Lucy entered the shop and picked up a plastic carry basket. She took a loaf of bread from the shelf. “I didn’t. Max said the bloke had a bunch of prissy cowboys—his words not mine—in the car with him. The Roadhouse is the place to be on a Saturday night. I took a chance.”
“Prissy cowboys?” he repeated, amused. “Now, if you’d laid that one on Gerry he would have died of embarrassment.”
She took down a box of chocolate pops, putting them into the basket. “Harrison House is going to be a success.”
“That’s what you’re calling it?”
She nodded and continued down the aisle. “We took a vote. The kids decided since Mrs. Harrison’s son donated it specifically to be used for the Second Chance project, the name was appropriate. The developers were offering a king’s ransom but he didn’t want it torn down.”
“Gray Harrison did that for you?”
She met his look with a forthright one of her own. “Yes, he did. He figured the kids needed something to work for…a goal. Getting the farm up and running again will give them incentive. Gray has been our guardian angel.”
Clayton found it hard to picture Gray Harrison with wings and a halo. Cable Creek had never been big enough for him. He had outgrown the town long before he’d had the means to leave. Now a major player in Australian financial circles, he had a reputation as a ruthless businessman who guarded his private life fiercely. But none of that mattered to Clayton. All he could think about was what put that soft smile on her face when she spoke the other man’s name.
Lucy filled the basket with orange juice, peanut butter and milk before heading for the checkout. When the cashier was finished packing the groceries, Clayton picked up the plastic bag and waited by the door while Lucy paid for both food and fuel. The attendant met them on the way out.
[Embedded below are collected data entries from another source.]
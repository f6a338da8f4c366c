-- ===== src/Tests/Timestamp.antt =====
-- src/timestamp.rs on days and times of its own tests.
use ticklog.Base.{ℕ, ◌+◌, ◌≡◌, refl, arith, [], none, some}
use ticklog.Base.Int.{pos, negsuc, ◌-ℤ◌}
use ticklog.Base.Text.{ascii}
use ticklog.Timestamp.{
  zone_suffix, civil_from_days, time_from_ns, tsc_freq_from_cpuid_0x15, format_iso8601, push_digits,
}
use ticklog.Timestamp.Calendar.{IsDate, day_number}
use ticklog.Timestamp.Civil.{civil_from_days-day_number}

epoch : civil_from_days (pos 0) ≡ (pos 1970, 1, 1)
unfolding civil_from_days
epoch = refl

eve : civil_from_days (negsuc 0) ≡ (pos 1969, 12, 31)
unfolding civil_from_days
eve = refl

leap_day : civil_from_days (pos 11016) ≡ (pos 2000, 2, 29)
unfolding civil_from_days
leap_day = refl

no_crystal : tsc_freq_from_cpuid_0x15 2 250 0 ≡ none
unfolding tsc_freq_from_cpuid_0x15
no_crystal = refl

crystal : tsc_freq_from_cpuid_0x15 2 250 24000000 ≡ some 3000000000
unfolding tsc_freq_from_cpuid_0x15
crystal = refl

start_of_time : format_iso8601 0 (pos 0) [] ≡ ascii "1970-01-01T00:00:00.000000000Z"
unfolding format_iso8601 civil_from_days time_from_ns push_digits zone_suffix
start_of_time = refl

civil_from_days-day_number_example :
    (y : ℕ) × (m : ℕ) × (d : ℕ) × (civil_from_days (pos 730484 -ℤ pos 719468) ≡ (pos y, m, d))
    × IsDate y m d
    × (day_number y m d ≡ 730484 + 60)
civil_from_days-day_number_example = civil_from_days-day_number 730484 (omega arith)
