-- ===== src/ThreadBuf/Name.antt =====
-- The name that a ring is registered under.
use ticklog.Base.{
  ℕ, zero, suc, ◌≤◌, ◌<◌, ◌≡◌, ◌⊎◌, refl, ap, arith, ◌∙◌, Bytes, true, false, length, take,
  length-take, ltb, ◌==◌, ==_iff, Bool-cases, inl, inr,
}
use ticklog.ThreadBuf.{is_char_boundary, boundary_down, truncate_name, max_thread_name_len}

boundary_down_lem :
    (s : Bytes) (n : ℕ)
    → (boundary_down s n ≤ n)
      × (is_char_boundary s (boundary_down s n) ≡ true)
      × ((i : ℕ) → boundary_down s n < i → i ≤ n → is_char_boundary s i ≡ false)
unfolding boundary_down is_char_boundary
boundary_down_lem s zero = (omega arith, refl, λ i p q. absurd (omega arith))
boundary_down_lem s (suc n) =
    let (low, at, none_above) = boundary_down_lem s n in
    elim (Bool-cases (is_char_boundary s (suc n))) [
      | inl e ↦ rw e (omega arith, e, λ i p q. absurd (omega arith))
      | inr e ↦ rw e (
        omega arith,
        at,
        λ i p q. elim (Bool-cases (i == suc n)) [
          | inl top ↦ ap (is_char_boundary s) ((==_iff i (suc n)).0 top) ∙ e
          | inr below ↦ none_above i p (ground arith)
        ],
      )
    ]

-- A name of at most 256 bytes is registered as it is, and a longer one as its first bytes, cut on the
-- last boundary between characters that is not past 256.
truncate_name_lem :
    (name : Bytes)
    → ((length name ≤ max_thread_name_len) × (truncate_name name ≡ name))
      ⊎ ((n : ℕ) × (truncate_name name ≡ take n name)
          × (length (truncate_name name) ≡ n)
          × (n ≤ max_thread_name_len)
          × (is_char_boundary name n ≡ true)
          × ((i : ℕ) → n < i → i ≤ max_thread_name_len → is_char_boundary name i ≡ false))
unfolding truncate_name
truncate_name_lem name = elim (Bool-cases (ltb max_thread_name_len (length name))) [
  | inl e ↦
      let n = boundary_down name max_thread_name_len in
      let (low, at, none_above) = boundary_down_lem name max_thread_name_len in
      inr (n, rw e refl, rw e (length-take n name ∙ ground arith), low, at, none_above)
  | inr e ↦ inl (ground arith, rw e refl)
]
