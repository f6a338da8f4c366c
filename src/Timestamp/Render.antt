-- ===== src/Timestamp/Render.antt =====
-- The time of day, and the shape of a rendered time.
use ticklog.Base.{
  ℕ, zero, suc, ◌+◌, ◌-◌, ◌*◌, ◌/◌, ◌%◌, ◌^◌, ◌<◌, ◌≡◌, refl, ap, ◌∙◌, arith, Byte, Bytes, [], ◌∷◌,
  ◌++◌, length, length-append, ◌==◌, if◌then◌else◌, Bool-cases, inl, inr,
}
use ticklog.Base.Int.{ℤ, pos_part, neg_part}
use native.Mathlib.Nat.{pow-suc}
use ticklog.Timestamp.{time_from_ns, ns_per_day, push_digits, zone_suffix, format_iso8601}

-- Within a day the four parts are in range and make up the time.
time_from_ns_lem :
    (ns : ℕ)
    → ns < ns_per_day
    → let (h, m, s, n) = time_from_ns ns in
      (h < 24)
      × (m < 60)
      × (s < 60)
      × (n < 1000000000)
      × (((h * 60 + m) * 60 + s) * 1000000000 + n ≡ ns)
unfolding time_from_ns
time_from_ns_lem ns h = (omega arith, omega arith, omega arith, omega arith, omega arith)

pub length-push_digits : (digits v : ℕ) → length (push_digits digits v) ≡ digits
unfolding push_digits
length-push_digits zero v = refl
length-push_digits (suc digits) v = omega (
  arith,
  length-append (push_digits digits (v / 10)) ((48 + v % 10) ∷ []),
  length-push_digits digits (v / 10),
)

-- Reading decimal digits, most significant first.
abbrev pub read_digits : ℕ → Bytes → ℕ
read_digits v [] = v
read_digits v (c ∷ s) = read_digits (v * 10 + (c - 48)) s

read_digits-append :
    (v : ℕ) (s : Bytes) (c : Byte) → read_digits v (s ++ c ∷ []) ≡ read_digits v s * 10 + (c - 48)
read_digits-append v [] c = refl
read_digits-append v (a ∷ s) c = read_digits-append (v * 10 + (a - 48)) s c

-- A number with at most that many digits is read back from them.
pub read_digits-push_digits :
    (digits v : ℕ) → v < 10 ^ digits → read_digits 0 (push_digits digits v) ≡ v
unfolding push_digits
read_digits-push_digits zero v h = omega arith
read_digits-push_digits (suc digits) v h =
    let p : ℕ = 10 ^ digits in
    let e : 10 ^ suc digits ≡ 10 * p = omega (arith, pow-suc 10 digits) in
    omega (
      arith,
      read_digits-append 0 (push_digits digits (v / 10)) (48 + v % 10),
      read_digits-push_digits digits (v / 10) (omega arith),
    )

abbrev pub zone_width : ℤ → ℕ
zone_width offset = if pos_part offset + neg_part offset == 0 then 1 else 6

length-zone_suffix : (offset : ℤ) → length (zone_suffix offset) ≡ zone_width offset
unfolding zone_suffix push_digits
length-zone_suffix offset = elim (Bool-cases (pos_part offset + neg_part offset == 0)) [
  | inl e ↦ rw e refl
  | inr e ↦ rw e refl
]

length-field :
    (digits v : ℕ) (rest : Bytes) → length (push_digits digits v ++ rest) ≡ digits + length rest
length-field digits v rest =
    length-append (push_digits digits v) rest
    ∙ ap (λ n. n + length rest) (length-push_digits digits v)

length-fields :
    (y m d h mi s n : ℕ) (zone : Bytes)
    → length (
        push_digits 4 y
        ++ 45
          ∷ (push_digits 2 m
              ++ 45
                ∷ (push_digits 2 d
                    ++ 84
                      ∷ (push_digits 2 h
                          ++ 58
                            ∷ (push_digits 2 mi
                                ++ 58 ∷ (push_digits 2 s ++ 46 ∷ (push_digits 9 n ++ zone)))))))
      ≡ 29 + length zone
length-fields y m d h mi s n zone =
    let t6 = push_digits 2 s ++ 46 ∷ (push_digits 9 n ++ zone) in
    let t5 = push_digits 2 mi ++ 58 ∷ t6 in
    let t4 = push_digits 2 h ++ 58 ∷ t5 in
    let t3 = push_digits 2 d ++ 84 ∷ t4 in
    let t2 = push_digits 2 m ++ 45 ∷ t3 in
    omega (
      arith,
      length-field 4 y (45 ∷ t2),
      length-field 2 m (45 ∷ t3),
      length-field 2 d (84 ∷ t4),
      length-field 2 h (58 ∷ t5),
      length-field 2 mi (58 ∷ t6),
      length-field 2 s (46 ∷ (push_digits 9 n ++ zone)),
      length-field 9 n zone,
    )

-- A rendered time is 29 bytes long and the zone, which is `Z` for no offset and six bytes else.
length-format_iso8601 :
    (ns : ℕ) (offset : ℤ) (buf : Bytes)
    → length (format_iso8601 ns offset buf) ≡ length buf + (29 + zone_width offset)
unfolding format_iso8601
length-format_iso8601 ns offset buf =
    length-append buf _
    ∙ ap (λ n. length buf + n)
        (length-fields _ _ _ _ _ _ _ (zone_suffix offset)
          ∙ ap (λ n. 29 + n) (length-zone_suffix offset))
“All done,” he said, handing her keys back. Lucy thanked him. Clayton walked her to the car, handing her the bag after she got in behind the wheel. She took it from him with a murmured “thanks” and placed it on the passenger seat. He knelt at her door, his face level with hers.
“Oh, your coat.”
“Forget it. I’m following you home.”
Lucy glared at him. “I beg your pardon?”
He grinned. “It’s on my way and I’d like to know you get there safely.”
Did he think she was going to be abducted by aliens between here and there? Lucy bit back the retort. “You don’t intend to take money for the fuel, do you, Mr. McKinley?”
“Not for doing the neighbourly thing. And nobody calls me ‘mister.’ Clayton’s fine. But if you really don’t want to be in my debt, I’ll settle for a cup of coffee.”
“I doubt there’s anyplace open this time of night, and I noticed the machine in the shop was out of order. Would you take a rain check.”
“I’m guessing you own a coffeepot.”
“You want coffee…at my house?” She did owe him something for helping her out. He could easily have kept going, leaving her stranded. Lucy wished he would be mercenary and just take her money. “It’s well after midnight.”
“I’ll drink it fast.”
“The kids are sleeping.”
He shrugged. “I’ll be extra quiet.”
Subtle wasn’t going to work with this man. “I might want to go to bed.”
Clayton smiled. “Well, I’m usually not that easy on a first date but I could be persuaded.”
Lucy blushed, annoyed as much at herself as him. She’d walked right into that one. “I meant I might want to go to bed…alone…to sleep,” she said firmly. “And this isn’t a date.”
He looked as if he’d made a major new discovery. “So that’s the other thing people do in bed.”
Lucy steeled herself as he smiled again. If he would stop doing that maybe she could concentrate on the conversation and keep herself out of trouble. If she kept this up, she’d be in more hot water than she had ever known.
“One cup, McKinley.”
McKinley. Not Clayton. Just McKinley. Polite yet formal. Something that allowed her to keep her distance. Clayton smiled. It would do for now.
“I accept, and remember, I’ll be right behind you.”
“That’s what I’m afraid of,” she muttered to herself. She watched in the rearview mirror, studying his compact backside with female appreciation as he walked away. One cup of coffee, she told herself. Then he would leave, if she had to push his gorgeous body and that come-get-me grin out the door.